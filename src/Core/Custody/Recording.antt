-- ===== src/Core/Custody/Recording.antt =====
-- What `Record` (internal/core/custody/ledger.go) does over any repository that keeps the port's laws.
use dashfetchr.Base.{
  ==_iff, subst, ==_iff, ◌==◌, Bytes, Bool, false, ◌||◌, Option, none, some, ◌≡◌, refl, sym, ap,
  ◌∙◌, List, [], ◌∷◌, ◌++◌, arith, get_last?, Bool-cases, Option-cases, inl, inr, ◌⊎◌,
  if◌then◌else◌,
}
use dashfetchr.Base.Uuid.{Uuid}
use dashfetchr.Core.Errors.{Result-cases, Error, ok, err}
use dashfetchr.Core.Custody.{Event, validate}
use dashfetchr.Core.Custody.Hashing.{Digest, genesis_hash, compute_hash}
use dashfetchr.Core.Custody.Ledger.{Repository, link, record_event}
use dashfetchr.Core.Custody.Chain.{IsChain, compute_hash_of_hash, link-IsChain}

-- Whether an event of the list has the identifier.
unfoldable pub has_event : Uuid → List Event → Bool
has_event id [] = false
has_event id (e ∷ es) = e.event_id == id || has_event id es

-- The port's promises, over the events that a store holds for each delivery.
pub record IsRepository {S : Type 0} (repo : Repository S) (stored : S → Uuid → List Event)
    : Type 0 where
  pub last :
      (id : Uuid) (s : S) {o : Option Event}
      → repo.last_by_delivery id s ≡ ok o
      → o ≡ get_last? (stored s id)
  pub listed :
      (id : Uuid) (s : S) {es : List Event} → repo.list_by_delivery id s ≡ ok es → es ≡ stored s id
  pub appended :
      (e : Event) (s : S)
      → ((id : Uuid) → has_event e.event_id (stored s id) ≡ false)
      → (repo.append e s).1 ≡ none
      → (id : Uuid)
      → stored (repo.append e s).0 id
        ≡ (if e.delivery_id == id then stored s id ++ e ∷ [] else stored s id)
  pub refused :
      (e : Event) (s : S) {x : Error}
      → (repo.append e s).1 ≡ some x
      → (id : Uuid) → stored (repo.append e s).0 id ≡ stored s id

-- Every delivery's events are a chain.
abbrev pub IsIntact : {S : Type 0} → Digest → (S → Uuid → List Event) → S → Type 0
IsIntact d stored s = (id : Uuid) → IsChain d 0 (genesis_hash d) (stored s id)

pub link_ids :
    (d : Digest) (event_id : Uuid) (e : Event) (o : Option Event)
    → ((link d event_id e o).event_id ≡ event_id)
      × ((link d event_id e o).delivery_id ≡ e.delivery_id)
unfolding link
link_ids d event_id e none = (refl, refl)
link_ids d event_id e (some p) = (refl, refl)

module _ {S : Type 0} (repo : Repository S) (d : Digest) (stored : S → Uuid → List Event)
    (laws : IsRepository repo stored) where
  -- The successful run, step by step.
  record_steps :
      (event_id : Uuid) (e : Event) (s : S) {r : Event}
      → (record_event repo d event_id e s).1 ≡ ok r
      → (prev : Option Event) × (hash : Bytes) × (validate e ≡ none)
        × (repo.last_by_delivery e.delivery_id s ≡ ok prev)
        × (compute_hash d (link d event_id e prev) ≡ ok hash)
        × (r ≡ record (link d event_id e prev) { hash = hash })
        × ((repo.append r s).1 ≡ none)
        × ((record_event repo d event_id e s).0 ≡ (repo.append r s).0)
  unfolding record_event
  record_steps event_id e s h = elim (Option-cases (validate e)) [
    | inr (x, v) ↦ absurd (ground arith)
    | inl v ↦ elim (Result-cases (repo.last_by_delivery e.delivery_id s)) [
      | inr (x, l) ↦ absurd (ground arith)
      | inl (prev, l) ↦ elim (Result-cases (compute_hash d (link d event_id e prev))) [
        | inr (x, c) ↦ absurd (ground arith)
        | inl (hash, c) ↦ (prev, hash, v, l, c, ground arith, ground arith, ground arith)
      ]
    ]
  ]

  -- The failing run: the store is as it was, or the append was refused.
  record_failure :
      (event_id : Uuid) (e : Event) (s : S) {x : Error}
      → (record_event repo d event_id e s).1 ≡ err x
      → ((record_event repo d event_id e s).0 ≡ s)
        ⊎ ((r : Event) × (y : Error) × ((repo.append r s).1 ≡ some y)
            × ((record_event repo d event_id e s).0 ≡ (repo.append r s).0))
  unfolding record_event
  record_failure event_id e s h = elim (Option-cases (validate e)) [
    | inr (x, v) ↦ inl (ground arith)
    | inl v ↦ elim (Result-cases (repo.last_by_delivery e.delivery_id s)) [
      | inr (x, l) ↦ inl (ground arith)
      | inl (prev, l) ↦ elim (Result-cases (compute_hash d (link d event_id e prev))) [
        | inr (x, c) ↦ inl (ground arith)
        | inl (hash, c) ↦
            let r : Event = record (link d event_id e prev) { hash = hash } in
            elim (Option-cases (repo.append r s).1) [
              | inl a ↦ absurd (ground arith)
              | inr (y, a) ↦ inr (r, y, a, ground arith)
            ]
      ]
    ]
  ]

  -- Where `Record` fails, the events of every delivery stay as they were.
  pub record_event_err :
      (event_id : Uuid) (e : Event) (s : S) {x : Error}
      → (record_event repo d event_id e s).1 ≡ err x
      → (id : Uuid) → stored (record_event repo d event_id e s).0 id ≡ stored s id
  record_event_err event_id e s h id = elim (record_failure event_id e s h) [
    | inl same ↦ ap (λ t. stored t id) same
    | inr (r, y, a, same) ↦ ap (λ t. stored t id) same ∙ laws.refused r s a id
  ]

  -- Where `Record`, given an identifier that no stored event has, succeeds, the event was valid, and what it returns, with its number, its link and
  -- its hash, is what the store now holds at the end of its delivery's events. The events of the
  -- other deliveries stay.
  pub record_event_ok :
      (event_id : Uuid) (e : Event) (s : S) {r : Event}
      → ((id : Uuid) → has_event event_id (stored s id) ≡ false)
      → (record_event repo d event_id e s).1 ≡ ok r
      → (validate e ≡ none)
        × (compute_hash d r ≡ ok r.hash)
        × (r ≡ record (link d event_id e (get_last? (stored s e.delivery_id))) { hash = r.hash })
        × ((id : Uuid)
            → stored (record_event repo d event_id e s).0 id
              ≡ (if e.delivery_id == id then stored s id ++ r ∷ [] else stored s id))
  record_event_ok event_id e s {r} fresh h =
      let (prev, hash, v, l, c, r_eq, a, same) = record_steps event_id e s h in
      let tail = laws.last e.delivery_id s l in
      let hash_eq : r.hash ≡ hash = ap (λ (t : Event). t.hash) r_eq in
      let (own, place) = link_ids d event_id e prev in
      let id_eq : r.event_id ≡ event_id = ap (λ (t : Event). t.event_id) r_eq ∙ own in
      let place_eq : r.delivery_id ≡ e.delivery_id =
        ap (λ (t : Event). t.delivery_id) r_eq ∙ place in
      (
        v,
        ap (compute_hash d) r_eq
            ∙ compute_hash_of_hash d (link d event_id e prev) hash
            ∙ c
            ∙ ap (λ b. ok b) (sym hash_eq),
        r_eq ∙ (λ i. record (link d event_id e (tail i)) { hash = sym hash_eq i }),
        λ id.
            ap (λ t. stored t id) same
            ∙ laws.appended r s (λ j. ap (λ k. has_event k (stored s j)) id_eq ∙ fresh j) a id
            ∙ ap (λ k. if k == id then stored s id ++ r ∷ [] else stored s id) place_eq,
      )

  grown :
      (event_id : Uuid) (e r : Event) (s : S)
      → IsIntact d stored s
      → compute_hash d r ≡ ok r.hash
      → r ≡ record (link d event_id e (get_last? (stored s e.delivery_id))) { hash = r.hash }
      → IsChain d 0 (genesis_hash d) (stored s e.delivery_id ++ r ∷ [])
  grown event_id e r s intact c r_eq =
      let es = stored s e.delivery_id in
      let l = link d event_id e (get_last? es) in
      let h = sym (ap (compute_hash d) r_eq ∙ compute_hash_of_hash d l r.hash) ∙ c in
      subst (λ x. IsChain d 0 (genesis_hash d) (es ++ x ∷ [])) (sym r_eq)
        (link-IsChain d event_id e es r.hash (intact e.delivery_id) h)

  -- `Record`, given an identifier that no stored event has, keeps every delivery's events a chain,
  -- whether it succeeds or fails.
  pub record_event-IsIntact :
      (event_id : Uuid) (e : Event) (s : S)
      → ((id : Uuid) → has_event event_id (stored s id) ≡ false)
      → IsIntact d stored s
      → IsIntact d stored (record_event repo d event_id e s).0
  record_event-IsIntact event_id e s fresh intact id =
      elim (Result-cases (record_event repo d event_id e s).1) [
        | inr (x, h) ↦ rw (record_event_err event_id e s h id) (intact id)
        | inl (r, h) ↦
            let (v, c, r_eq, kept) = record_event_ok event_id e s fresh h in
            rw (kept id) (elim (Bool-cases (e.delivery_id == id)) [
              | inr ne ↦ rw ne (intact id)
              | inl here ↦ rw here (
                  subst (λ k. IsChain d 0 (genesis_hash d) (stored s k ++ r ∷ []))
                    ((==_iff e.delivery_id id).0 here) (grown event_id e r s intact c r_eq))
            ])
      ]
########
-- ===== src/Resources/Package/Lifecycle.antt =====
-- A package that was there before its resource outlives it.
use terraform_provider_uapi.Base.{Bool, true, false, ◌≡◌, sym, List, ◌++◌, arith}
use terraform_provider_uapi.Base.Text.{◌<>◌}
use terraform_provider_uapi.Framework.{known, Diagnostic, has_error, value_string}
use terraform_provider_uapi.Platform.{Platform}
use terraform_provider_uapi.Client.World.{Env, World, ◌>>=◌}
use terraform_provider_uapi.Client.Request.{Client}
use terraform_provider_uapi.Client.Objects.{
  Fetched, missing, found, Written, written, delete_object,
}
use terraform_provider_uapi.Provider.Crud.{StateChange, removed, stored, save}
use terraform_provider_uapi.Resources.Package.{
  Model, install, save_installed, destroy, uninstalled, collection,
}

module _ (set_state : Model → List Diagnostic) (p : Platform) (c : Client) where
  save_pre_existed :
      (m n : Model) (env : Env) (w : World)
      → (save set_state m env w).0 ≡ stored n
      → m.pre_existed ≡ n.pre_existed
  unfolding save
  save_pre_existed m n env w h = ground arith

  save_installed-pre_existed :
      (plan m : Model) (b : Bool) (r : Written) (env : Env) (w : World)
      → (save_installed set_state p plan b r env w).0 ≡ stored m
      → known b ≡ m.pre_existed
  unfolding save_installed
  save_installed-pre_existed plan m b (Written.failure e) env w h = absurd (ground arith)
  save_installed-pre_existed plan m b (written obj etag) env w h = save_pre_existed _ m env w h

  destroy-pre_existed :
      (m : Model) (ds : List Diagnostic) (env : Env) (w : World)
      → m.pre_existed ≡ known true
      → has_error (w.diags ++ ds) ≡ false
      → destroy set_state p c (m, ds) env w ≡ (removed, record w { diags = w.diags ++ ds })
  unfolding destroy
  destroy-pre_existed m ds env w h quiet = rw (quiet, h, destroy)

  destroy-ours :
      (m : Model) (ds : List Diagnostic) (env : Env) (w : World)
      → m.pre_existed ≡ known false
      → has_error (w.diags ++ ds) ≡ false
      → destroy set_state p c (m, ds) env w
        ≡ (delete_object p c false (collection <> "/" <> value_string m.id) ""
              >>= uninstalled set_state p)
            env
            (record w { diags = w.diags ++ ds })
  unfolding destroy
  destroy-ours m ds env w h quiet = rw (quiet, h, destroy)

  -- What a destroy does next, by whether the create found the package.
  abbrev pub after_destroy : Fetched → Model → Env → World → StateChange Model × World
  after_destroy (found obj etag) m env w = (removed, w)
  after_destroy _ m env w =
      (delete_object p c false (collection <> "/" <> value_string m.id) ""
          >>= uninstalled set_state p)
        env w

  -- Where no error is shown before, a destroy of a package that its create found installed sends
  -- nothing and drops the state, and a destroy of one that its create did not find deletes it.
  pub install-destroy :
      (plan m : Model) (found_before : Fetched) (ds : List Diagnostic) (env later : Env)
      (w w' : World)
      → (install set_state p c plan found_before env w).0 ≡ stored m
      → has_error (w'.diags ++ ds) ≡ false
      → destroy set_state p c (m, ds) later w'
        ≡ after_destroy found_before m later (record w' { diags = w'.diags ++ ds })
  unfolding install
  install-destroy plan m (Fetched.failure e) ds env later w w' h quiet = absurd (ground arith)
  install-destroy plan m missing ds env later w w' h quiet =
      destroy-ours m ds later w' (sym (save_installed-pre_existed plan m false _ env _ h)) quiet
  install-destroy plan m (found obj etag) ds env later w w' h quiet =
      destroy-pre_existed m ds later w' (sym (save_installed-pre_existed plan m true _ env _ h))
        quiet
########
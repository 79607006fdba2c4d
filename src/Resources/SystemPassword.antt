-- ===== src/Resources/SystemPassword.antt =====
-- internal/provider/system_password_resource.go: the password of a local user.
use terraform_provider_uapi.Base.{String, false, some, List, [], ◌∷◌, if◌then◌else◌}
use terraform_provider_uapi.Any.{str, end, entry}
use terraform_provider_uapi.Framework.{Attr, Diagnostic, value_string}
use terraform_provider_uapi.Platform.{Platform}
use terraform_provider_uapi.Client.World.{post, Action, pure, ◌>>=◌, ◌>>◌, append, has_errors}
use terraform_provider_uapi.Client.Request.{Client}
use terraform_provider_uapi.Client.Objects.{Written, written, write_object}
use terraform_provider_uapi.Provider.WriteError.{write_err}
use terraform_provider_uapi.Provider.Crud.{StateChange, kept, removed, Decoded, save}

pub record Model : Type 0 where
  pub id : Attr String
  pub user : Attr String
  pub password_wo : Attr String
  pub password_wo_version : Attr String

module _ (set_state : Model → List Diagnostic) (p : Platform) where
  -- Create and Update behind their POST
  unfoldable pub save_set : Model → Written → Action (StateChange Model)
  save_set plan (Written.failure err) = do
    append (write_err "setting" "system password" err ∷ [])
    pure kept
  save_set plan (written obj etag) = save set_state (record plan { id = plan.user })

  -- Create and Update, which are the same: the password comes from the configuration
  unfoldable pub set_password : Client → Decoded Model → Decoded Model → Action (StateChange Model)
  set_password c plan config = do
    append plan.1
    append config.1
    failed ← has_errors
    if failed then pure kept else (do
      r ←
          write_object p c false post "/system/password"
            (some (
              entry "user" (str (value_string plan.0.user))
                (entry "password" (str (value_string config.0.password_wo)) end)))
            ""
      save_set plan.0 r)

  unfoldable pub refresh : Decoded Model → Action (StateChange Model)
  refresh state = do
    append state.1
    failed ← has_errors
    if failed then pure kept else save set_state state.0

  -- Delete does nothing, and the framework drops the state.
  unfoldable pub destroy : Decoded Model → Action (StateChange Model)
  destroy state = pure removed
########
▶ _Task details_
The expected output is one number, the tally of lines above containing "entry".

▶ _Response to the exercise_
3